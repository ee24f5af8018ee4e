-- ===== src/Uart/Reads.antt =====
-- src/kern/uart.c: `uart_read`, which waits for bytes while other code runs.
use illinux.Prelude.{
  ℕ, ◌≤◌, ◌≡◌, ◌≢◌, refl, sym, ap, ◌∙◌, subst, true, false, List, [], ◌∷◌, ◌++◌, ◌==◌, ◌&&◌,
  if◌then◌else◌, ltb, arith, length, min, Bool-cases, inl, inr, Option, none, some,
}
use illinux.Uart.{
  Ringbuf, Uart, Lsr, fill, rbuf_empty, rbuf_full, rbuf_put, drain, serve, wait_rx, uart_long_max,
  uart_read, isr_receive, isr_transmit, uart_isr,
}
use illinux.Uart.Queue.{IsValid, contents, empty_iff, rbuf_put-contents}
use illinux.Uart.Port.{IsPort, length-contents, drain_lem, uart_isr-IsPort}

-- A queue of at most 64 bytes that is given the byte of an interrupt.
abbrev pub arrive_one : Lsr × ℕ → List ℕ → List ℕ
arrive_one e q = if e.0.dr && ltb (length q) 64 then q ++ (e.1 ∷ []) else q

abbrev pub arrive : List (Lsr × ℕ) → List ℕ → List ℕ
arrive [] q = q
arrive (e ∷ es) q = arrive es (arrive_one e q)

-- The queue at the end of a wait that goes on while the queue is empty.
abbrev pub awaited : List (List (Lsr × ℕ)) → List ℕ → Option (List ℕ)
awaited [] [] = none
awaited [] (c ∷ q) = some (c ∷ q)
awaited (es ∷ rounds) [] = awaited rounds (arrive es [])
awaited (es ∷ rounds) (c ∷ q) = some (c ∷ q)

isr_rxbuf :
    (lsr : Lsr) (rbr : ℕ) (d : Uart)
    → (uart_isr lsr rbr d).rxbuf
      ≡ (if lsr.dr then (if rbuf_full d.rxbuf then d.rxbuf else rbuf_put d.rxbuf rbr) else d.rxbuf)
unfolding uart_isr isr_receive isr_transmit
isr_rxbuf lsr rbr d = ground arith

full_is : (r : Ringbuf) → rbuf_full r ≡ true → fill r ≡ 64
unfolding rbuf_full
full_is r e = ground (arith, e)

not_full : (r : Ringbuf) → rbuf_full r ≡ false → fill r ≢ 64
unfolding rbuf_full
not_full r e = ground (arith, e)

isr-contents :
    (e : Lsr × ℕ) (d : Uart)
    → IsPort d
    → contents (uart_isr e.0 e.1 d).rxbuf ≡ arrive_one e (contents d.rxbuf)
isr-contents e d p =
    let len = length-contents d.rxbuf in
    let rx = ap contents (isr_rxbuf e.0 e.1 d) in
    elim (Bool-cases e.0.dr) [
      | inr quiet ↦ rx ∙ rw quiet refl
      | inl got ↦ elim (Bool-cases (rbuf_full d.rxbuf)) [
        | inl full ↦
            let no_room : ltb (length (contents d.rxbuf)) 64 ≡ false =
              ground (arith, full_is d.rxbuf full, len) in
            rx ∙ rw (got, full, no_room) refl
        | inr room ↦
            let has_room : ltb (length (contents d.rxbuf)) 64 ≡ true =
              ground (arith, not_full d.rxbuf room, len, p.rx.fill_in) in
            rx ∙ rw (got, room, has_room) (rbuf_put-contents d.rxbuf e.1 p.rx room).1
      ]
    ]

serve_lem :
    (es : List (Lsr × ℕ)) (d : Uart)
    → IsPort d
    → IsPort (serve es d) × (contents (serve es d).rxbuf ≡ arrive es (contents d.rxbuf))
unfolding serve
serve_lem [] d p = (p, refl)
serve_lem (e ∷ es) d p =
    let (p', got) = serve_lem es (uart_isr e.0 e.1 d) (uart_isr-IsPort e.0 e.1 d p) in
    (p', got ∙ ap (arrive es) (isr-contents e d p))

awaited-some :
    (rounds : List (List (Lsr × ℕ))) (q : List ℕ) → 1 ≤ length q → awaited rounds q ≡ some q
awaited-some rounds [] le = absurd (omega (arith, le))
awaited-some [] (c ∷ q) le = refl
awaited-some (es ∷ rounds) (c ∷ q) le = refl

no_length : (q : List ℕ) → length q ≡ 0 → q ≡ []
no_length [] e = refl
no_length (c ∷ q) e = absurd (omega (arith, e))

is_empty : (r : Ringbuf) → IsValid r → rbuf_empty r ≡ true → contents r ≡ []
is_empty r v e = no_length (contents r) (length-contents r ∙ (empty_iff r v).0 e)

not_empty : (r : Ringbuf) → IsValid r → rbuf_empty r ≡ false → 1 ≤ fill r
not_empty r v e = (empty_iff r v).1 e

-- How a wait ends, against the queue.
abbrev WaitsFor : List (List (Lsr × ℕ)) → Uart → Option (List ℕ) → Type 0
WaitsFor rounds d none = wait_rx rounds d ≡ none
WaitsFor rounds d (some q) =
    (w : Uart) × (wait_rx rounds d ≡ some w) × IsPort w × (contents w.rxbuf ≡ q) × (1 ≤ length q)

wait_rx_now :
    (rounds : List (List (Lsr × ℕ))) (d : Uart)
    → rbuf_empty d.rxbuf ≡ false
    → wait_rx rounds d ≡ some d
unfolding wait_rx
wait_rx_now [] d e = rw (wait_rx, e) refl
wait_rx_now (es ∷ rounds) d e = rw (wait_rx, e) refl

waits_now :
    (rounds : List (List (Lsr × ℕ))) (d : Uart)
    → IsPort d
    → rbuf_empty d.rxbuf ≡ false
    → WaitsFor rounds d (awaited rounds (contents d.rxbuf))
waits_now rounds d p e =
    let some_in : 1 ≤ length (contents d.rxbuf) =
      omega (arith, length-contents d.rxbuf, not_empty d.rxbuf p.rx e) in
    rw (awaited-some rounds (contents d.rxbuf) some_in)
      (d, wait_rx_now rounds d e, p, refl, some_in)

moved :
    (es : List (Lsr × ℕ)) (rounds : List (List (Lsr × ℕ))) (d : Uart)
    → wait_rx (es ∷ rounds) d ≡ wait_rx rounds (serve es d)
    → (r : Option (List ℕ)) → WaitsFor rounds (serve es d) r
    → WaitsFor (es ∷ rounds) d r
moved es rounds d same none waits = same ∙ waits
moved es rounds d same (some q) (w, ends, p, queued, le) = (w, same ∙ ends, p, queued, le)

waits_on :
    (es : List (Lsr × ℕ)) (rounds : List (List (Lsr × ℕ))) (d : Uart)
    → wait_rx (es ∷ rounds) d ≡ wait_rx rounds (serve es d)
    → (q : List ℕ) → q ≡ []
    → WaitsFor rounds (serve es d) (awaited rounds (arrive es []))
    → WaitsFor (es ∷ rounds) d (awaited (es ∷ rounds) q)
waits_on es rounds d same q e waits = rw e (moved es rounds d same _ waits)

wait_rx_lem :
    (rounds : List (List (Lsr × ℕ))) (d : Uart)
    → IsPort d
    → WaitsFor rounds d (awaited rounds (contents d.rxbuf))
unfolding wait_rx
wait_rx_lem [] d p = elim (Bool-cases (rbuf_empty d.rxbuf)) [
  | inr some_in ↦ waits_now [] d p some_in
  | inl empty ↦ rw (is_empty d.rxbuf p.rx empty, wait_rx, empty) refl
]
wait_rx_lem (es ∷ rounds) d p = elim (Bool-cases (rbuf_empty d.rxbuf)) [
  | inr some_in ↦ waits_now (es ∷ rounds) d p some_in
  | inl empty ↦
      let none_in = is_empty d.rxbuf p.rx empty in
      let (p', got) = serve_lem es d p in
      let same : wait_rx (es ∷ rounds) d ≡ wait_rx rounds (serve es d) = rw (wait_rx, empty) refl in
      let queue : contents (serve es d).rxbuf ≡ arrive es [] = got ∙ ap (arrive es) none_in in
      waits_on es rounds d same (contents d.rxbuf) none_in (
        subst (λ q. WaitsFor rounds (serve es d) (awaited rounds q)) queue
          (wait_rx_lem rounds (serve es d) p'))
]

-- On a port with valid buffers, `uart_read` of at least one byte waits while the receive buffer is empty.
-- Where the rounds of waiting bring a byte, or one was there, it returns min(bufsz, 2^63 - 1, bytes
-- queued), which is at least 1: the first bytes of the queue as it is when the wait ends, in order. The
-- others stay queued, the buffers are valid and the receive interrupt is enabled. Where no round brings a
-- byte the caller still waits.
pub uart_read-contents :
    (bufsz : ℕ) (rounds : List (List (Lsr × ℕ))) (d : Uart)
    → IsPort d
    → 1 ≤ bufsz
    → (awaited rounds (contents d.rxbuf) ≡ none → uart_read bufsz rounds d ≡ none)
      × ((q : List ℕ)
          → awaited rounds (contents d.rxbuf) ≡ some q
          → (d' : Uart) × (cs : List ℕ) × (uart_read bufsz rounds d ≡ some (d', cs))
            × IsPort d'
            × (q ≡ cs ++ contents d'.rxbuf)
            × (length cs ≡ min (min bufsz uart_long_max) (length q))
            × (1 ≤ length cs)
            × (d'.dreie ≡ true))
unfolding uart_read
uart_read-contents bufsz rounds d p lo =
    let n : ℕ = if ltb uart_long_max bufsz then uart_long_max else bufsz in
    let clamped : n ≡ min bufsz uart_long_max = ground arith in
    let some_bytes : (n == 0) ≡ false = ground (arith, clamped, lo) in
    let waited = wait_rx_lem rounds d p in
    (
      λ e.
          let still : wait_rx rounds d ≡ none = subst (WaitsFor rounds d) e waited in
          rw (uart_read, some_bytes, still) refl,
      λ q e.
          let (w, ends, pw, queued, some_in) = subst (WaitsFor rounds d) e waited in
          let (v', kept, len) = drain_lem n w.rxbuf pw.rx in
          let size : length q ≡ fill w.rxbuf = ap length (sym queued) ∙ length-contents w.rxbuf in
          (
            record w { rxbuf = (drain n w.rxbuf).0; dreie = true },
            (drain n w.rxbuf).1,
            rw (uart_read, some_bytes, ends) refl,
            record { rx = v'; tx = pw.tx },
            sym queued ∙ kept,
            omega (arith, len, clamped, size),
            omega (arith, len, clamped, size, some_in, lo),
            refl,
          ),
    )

■ **Action item**
Copy back the listing above exactly, but only from the line with "let (p', got) = serve_lem es d p in" through the line with "-- byte the caller still waits.", both ends included.

■ **Exercise output**
      let (p', got) = serve_lem es d p in
      let same : wait_rx (es ∷ rounds) d ≡ wait_rx rounds (serve es d) = rw (wait_rx, empty) refl in
      let queue : contents (serve es d).rxbuf ≡ arrive es [] = got ∙ ap (arrive es) none_in in
      waits_on es rounds d same (contents d.rxbuf) none_in (
        subst (λ q. WaitsFor rounds (serve es d) (awaited rounds q)) queue
          (wait_rx_lem rounds (serve es d) p'))
]

-- On a port with valid buffers, `uart_read` of at least one byte waits while the receive buffer is empty.
-- Where the rounds of waiting bring a byte, or one was there, it returns min(bufsz, 2^63 - 1, bytes
-- queued), which is at least 1: the first bytes of the queue as it is when the wait ends, in order. The
-- others stay queued, the buffers are valid and the receive interrupt is enabled. Where no round brings a
-- byte the caller still waits.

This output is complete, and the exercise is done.